For me, the Strastnaya Square area became a symbol of what happened to us. Once upon a time, the Strastnoy Monastery stood here. It was blown up as a "citadel of obscurantism and ignorance". Religion has been replaced by culture. Instead of Strastnaya Square, Pushkinskaya Square became Pushkinskaya Square. Instead of the monastery, the Rossiya cinema was installed. Opposite it, the largest store of scientific literature in Moscow was opened - "Akademkniga".

But the democratic 90s began. Since culture is elitist, it was expelled from these squares. The station (in fact) McDonald's eatery has become the main point of attraction for the entire district. The cinema became a nightclub with a strip show. At the monument to Pushkin, an advertising beer bottle of equal size stood up. And even earlier, the bookstore was closed for perestroika.

When I entered it at the end of the repair, I was struck by the smell that met me at the door. No, it wasn't the smell of fresh paint. It was the smell of burning cow dung (from which the "incense sticks" of Indian cults are made). "Akademkniga" turned into a center for the sale of amulets, books on magic, witchcraft and "esotericism"...

So even non-religious people should respect theology as the representative of reason in the alien world of religious beliefs.

– Father Andrei, many people cannot cross some inner barrier in order to open their souls to God. Isn't the fear of being deceived once again – of being disappointed sooner or later in faith in the same way as, for example, in the communist idea of a bright future – such an obstacle?

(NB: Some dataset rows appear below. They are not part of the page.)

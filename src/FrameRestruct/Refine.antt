-- ===== src/FrameRestruct/Refine.antt =====
-- The loop of `RestructFrame` against the frame format.
use cmdtran.Common.{
  ℕ, zero, suc, ◌+◌, ◌-◌, ◌≤◌, ◌<◌, Bool, List, [], Option, none, some, ◌++◌, ◌≡◌, refl, sym, ◌∙◌,
  arith, length, take, drop, ge→ltb, length-replicate,
}
use cmdtran.FrameRestruct.{
  FrameRestruct, init, exit_buffer_len, frame_len_max, get_head_index, Round, stop, again, round,
  restruct_loop, restruct_frame, at_head,
}
use cmdtran.FrameRestruct.Interface.{DataProc}
use cmdtran.FrameRestruct.Deliver.{IsValid, contents, deliver}
use cmdtran.FrameRestruct.Decode.{decode, decode_rest}
use cmdtran.FrameRestruct.Bytes.{stream, HeadFrom, get_head_index_lem}
use cmdtran.FrameRestruct.Rounds.{Explains, at_head_lem}

module _ (proc : DataProc) (sock : ℕ) (r : FrameRestruct) (recv : List ℕ) (recv_len : ℕ)
    (kept : r.exit_len ≤ length r.exit_buffer) (given : recv_len ≤ length recv)
    (room : frame_len_max ≤ length r.exit_buffer) where
  abbrev bytes : List ℕ
  bytes = stream r recv recv_len

  Explains-from :
      (cur i count : ℕ) (s : proc.State) (o : Round proc.State)
      → cur ≤ i
      → decode 0 (drop cur bytes) ≡ decode 0 (drop i bytes)
      → Explains r recv recv_len kept given i proc sock count s o
      → Explains r recv recv_len kept given cur proc sock count s o
  Explains-from cur i count s (stop r') h e x = rw e x
  Explains-from cur i count s (again cur' count' s') h e x = (omega arith, x.1, rw e x.2, rw e x.3)

  -- The head search, and the round from the head on.
  after_head :
      (cur count : ℕ) (s : proc.State) (o : Option ℕ)
      → HeadFrom r recv recv_len kept given cur o
      → Explains r recv recv_len kept given cur proc sock count s (elim o [
        | none ↦ stop (record r { exit_len = 0 })
        | some i ↦ at_head proc r sock recv recv_len i count s
      ])
  after_head cur count s none h = (rw h, rw h, refl, omega arith, refl)
  after_head cur count s (some i) h =
      Explains-from cur i count s (at_head proc r sock recv recv_len i count s) h.0 h.3
        (at_head_lem r recv recv_len kept given i proc sock count s room h.1 h.2)

  round_lem :
      (cur count : ℕ) (s : proc.State)
      → cur ≤ r.exit_len + recv_len
      → Explains r recv recv_len kept given cur proc sock count s
          (round proc r sock recv recv_len cur count s)
  unfolding round
  round_lem cur count s h = rw (ge→ltb (r.exit_len + recv_len) cur h) (
      after_head cur count s (get_head_index r recv recv_len cur)
        (get_head_index_lem r recv recv_len kept given cur h))

  -- The loop's result: the frames from `cur` on are delivered, and the rest is kept.
  abbrev Ends : ℕ → ℕ → proc.State → Option (ℕ × FrameRestruct × proc.State) → Type 0
  Ends cur count s result =
      (r' : FrameRestruct) × (let out =
          deliver proc r.recv_data_proc sock (decode 0 (drop cur bytes)).0 count s in
        result ≡ some (out.0, r', out.1))
      × ((decode 0 (drop cur bytes)).1 ≡ contents r')
      × (length r'.exit_buffer ≡ length r.exit_buffer)
      × (r'.exit_len < frame_len_max)
      × (r'.recv_data_proc ≡ r.recv_data_proc)

  after_round :
      (fuel cur count : ℕ) (s : proc.State) (o : Round proc.State)
      → Explains r recv recv_len kept given cur proc sock count s o
      → ((cur' count' : ℕ) (s' : proc.State)
          → cur < cur'
          → cur' ≤ r.exit_len + recv_len
          → Ends cur' count' s' (restruct_loop proc r sock recv recv_len fuel cur' count' s'))
      → Ends cur count s (elim o [
        | stop r' ↦ some (count, r', s)
        | again cur' count' s' ↦ restruct_loop proc r sock recv recv_len fuel cur' count' s'
      ])
  unfolding deliver
  after_round fuel cur count s (stop r') x next = (r', rw x.0, x.1, x.2, x.3, x.4)
  after_round fuel cur count s (again cur' count' s') x next =
      let (r', e, c, l, k, p) = next cur' count' s' x.0 x.1 in (r', rw x.3 e, x.2 ∙ c, l, k, p)

  loop_lem :
      (fuel cur count : ℕ) (s : proc.State)
      → cur ≤ r.exit_len + recv_len
      → r.exit_len + recv_len - cur < fuel
      → Ends cur count s (restruct_loop proc r sock recv recv_len fuel cur count s)
  unfolding restruct_loop
  loop_lem zero cur count s h f = absurd (omega arith)
  loop_lem (suc fuel) cur count s h f =
      after_round fuel cur count s (round proc r sock recv recv_len cur count s)
        (round_lem cur count s h)
        λ cur' count' s' lt le. loop_lem fuel cur' count' s' le (omega arith)

pub init-IsValid : (attached : Bool) → IsValid (init attached)
unfolding init decode
init-IsValid attached = record {
  size = length-replicate {A = ℕ} exit_buffer_len 0;
  short = omega arith;
  waiting = refl;
}

-- In a valid state, and with no more bytes than the receive buffer has, a call of `RestructFrame`
-- returns; all frames of the stream of kept and new bytes are handed over in order and counted
-- where they were saved, and the state left is valid, keeps exactly the end of the stream that may
-- become a frame, and has the same pointer `pRecvDataProc`.
pub restruct_frame-decode :
    (proc : DataProc) (sock : ℕ) (r : FrameRestruct) (recv : List ℕ) (recv_len : ℕ) (s : proc.State)
    → IsValid r
    → recv_len ≤ length recv
    → let (frames, rest) = decode 0 (contents r ++ take recv_len recv) in
      let (count, s') = deliver proc r.recv_data_proc sock frames 0 s in
      (r' : FrameRestruct) × (restruct_frame proc r sock recv recv_len s ≡ some (count, r', s'))
      × IsValid r'
      × (contents r' ≡ rest)
      × (r'.recv_data_proc ≡ r.recv_data_proc)
unfolding restruct_frame
restruct_frame-decode proc sock r recv recv_len s v given =
    let (r', e, c, l, k, p) =
      loop_lem proc sock (record r { task_list = [] }) recv recv_len
        (omega (arith, v.size, v.short)) given (omega (arith, v.size)) (r.exit_len + recv_len + 1) 0
        0 s (omega arith) (omega arith) in
    (r', e, record { size = l ∙ v.size; short = k; waiting = rw (← c) (decode_rest 0 _) }, sym c, p)
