-- ===== src/RecvDataProc/Clients.antt =====
-- The clients of `CRecvDataProc` between two steps, under flow control, and the changes of one
-- client.
use cmdtran.Common.{
  ℕ, ◌≤◌, ◌≡◌, ◌≢◌, sym, subst, ◌∙◌, Bool, Option, true, false, not, ◌&&◌, none, some, List, inl,
  inr, arith, Option-cases, ℕ_discrete,
}
use mathlib.Core.Option.{some-injective, none-ne-some}
use cmdtran.Common.Int.{ℤ, add_ℕ, pred_ℤ, exceeds_ℕ, below_ℕ}
use cmdtran.Common.Map.{
  find, insert, erase, update, IsSorted, find-insert_new, find-insert_ne, find-insert_old,
  find-erase_self, find-erase_ne, find-update_self, find-update_ne, find-update-none,
}
use cmdtran.FrameRestruct.Deliver
use cmdtran.RecvDataProc.{ClientInfo}
use cmdtran.RecvDataProc.Server.{EpollServer, Reading}

-- Reading is off above the upper bound and on below the lower one, and the epoll server has the same flag.
pub record IsFlowing (high low : ℕ) (reading : Option Bool) (c : ClientInfo) : Type 0 where
  pub restruct : Deliver.IsValid c.frame_restruct
  pub agrees : reading ≡ some c.enable_read
  pub full : exceeds_ℕ c.frame_count high ≡ true → c.enable_read ≡ false
  pub drained : below_ℕ c.frame_count low ≡ true → c.enable_read ≡ true

pub below-add : (a : ℤ) (n low : ℕ) → below_ℕ (add_ℕ a n) low ≡ true → below_ℕ a low ≡ true
below-add a n low h = ground arith

pub exceeds-pred : (a : ℤ) (high : ℕ) → exceeds_ℕ (pred_ℤ a) high ≡ true → exceeds_ℕ a high ≡ true
exceeds-pred a high h = ground arith

pub exceeds-below :
    (a : ℤ) (high low : ℕ) → low ≤ high → exceeds_ℕ a high ≡ true → below_ℕ a low ≡ false
exceeds-below a high low h e = ground arith

pub and-flag : (a b : Bool) → (a && b) ≡ false → a ≡ true → b ≡ false
and-flag a b h e = ground arith

pub and-not_flag : (a b : Bool) → (a && not b) ≡ false → a ≡ true → b ≡ true
and-not_flag a b h e = ground arith

pub not-below :
    (a : ℤ) (high low : ℕ) (b c : Bool)
    → low ≤ high
    → (exceeds_ℕ a high && b) ≡ true
    → below_ℕ a low ≡ true
    → c ≡ true
not-below a high low b c h e low_a = ground arith

pub not-exceeds :
    (a : ℤ) (high low : ℕ) (b c : Bool)
    → low ≤ high
    → (below_ℕ a low && not b) ≡ true
    → exceeds_ℕ a high ≡ true
    → c ≡ false
not-exceeds a high low b c h e high_a = ground arith

module _ (epoll : EpollServer) (reading : Reading epoll) (high low : ℕ) where
  open epoll use {State}
  open reading use {flag}

  abbrev pub AreFlowing : List (ℕ × ClientInfo) → State → Type 0
  AreFlowing m s = (k : ℕ) (c : ClientInfo) → find k m ≡ some c → IsFlowing high low (flag k s) c

  pub update-AreFlowing :
      (k : ℕ) (f : ClientInfo → ClientInfo) (m : List (ℕ × ClientInfo)) (s s' : State)
      → ((c : ClientInfo) → find k m ≡ some c → IsFlowing high low (flag k s') (f c))
      → ((j : ℕ) → k ≢ j → flag j s' ≡ flag j s)
      → AreFlowing m s
      → AreFlowing (update k f m) s'
  update-AreFlowing k f m s s' here others all j c e = elim (ℕ_discrete k j) [
    | yes same ↦
        subst (λ j. find j (update k f m) ≡ some c → IsFlowing high low (flag j s') c) same
          (λ found. elim (Option-cases (find k m)) [
            | inl out ↦ absurd (none-ne-some c (sym (find-update-none k f m out) ∙ found))
            | inr (d, at_k) ↦
                subst (IsFlowing high low (flag k s'))
                  (some-injective (f d) c (sym (find-update_self k f m d at_k) ∙ found))
                  (here d at_k)
          ])
          e
    | no other ↦ rw (others j other) (all j c (sym (find-update_ne k j f m other) ∙ e))
  ]

  -- A client that is changed in neither its count nor its flag.
  pub update_kept :
      (k : ℕ) (f : ClientInfo → ClientInfo) (m : List (ℕ × ClientInfo)) (s s' : State)
      → ((c : ClientInfo) → IsFlowing high low (flag k s) c → IsFlowing high low (flag k s) (f c))
      → ((j : ℕ) → flag j s' ≡ flag j s)
      → AreFlowing m s
      → AreFlowing (update k f m) s'
  update_kept k f m s s' keeps same all =
      update-AreFlowing k f m s s' (λ c e. rw (same k) (keeps c (all k c e))) (λ j h. same j) all

  pub insert-AreFlowing :
      (k : ℕ) (c : ClientInfo) (m : List (ℕ × ClientInfo)) (s : State)
      → IsSorted m
      → IsFlowing high low (flag k s) c
      → AreFlowing m s
      → AreFlowing (insert k c m) s
  insert-AreFlowing k c m s sorted here all j d e = elim (ℕ_discrete k j) [
    | yes same ↦ elim (Option-cases (find k m)) [
      | inl new ↦
          subst (λ j. find j (insert k c m) ≡ some d → IsFlowing high low (flag j s) d) same
            (λ found.
              subst (IsFlowing high low (flag k s))
                (some-injective c d (sym (find-insert_new k c m sorted new) ∙ found)) here)
            e
      | inr (b, old) ↦ all j d (sym (find-insert_old k c m j b sorted old) ∙ e)
    ]
    | no other ↦ all j d (sym (find-insert_ne k j c m other) ∙ e)
  ]

  pub erase-AreFlowing :
      (k : ℕ) (m : List (ℕ × ClientInfo)) (s s' : State)
      → IsSorted m
      → ((j : ℕ) → k ≢ j → flag j s' ≡ flag j s)
      → AreFlowing m s
      → AreFlowing (erase k m) s'
  erase-AreFlowing k m s s' sorted others all j c e = elim (ℕ_discrete k j) [
    | yes same ↦ absurd (
        none-ne-some c
          (sym (subst (λ j. find j (erase k m) ≡ none) same (find-erase_self k m sorted)) ∙ e))
    | no other ↦ rw (others j other) (all j c (sym (find-erase_ne k j m other) ∙ e))
  ]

– I don't think that anyone stays away from the Church precisely out of fear of disappointment. There is no shortage of people in society who are ready to respond and trust. On the contrary, in various areas of life, we daily come across evidence that people's credulity is beyond any reasonable level – people become enthusiastic about financial pyramids, from the next saviors of Russia, from world democracy and from new pills. What can we say about religion! Therefore, today it is more important to preach distrust as a virtue: "Wait, stop, cool your enthusiasm, think about it!" Even when it comes to church life proper, one sometimes has to say: "Fullness, are you sure that the spiritual adviser you have chosen is spiritually and mentally healthy?" And when it comes to non-church mystical circles, then it is even more appropriate to ask: "What makes you think that the voice that your acquaintance heard yesterday is evidence of the preacher's high spiritual gifts, and not a disorder of the mind?"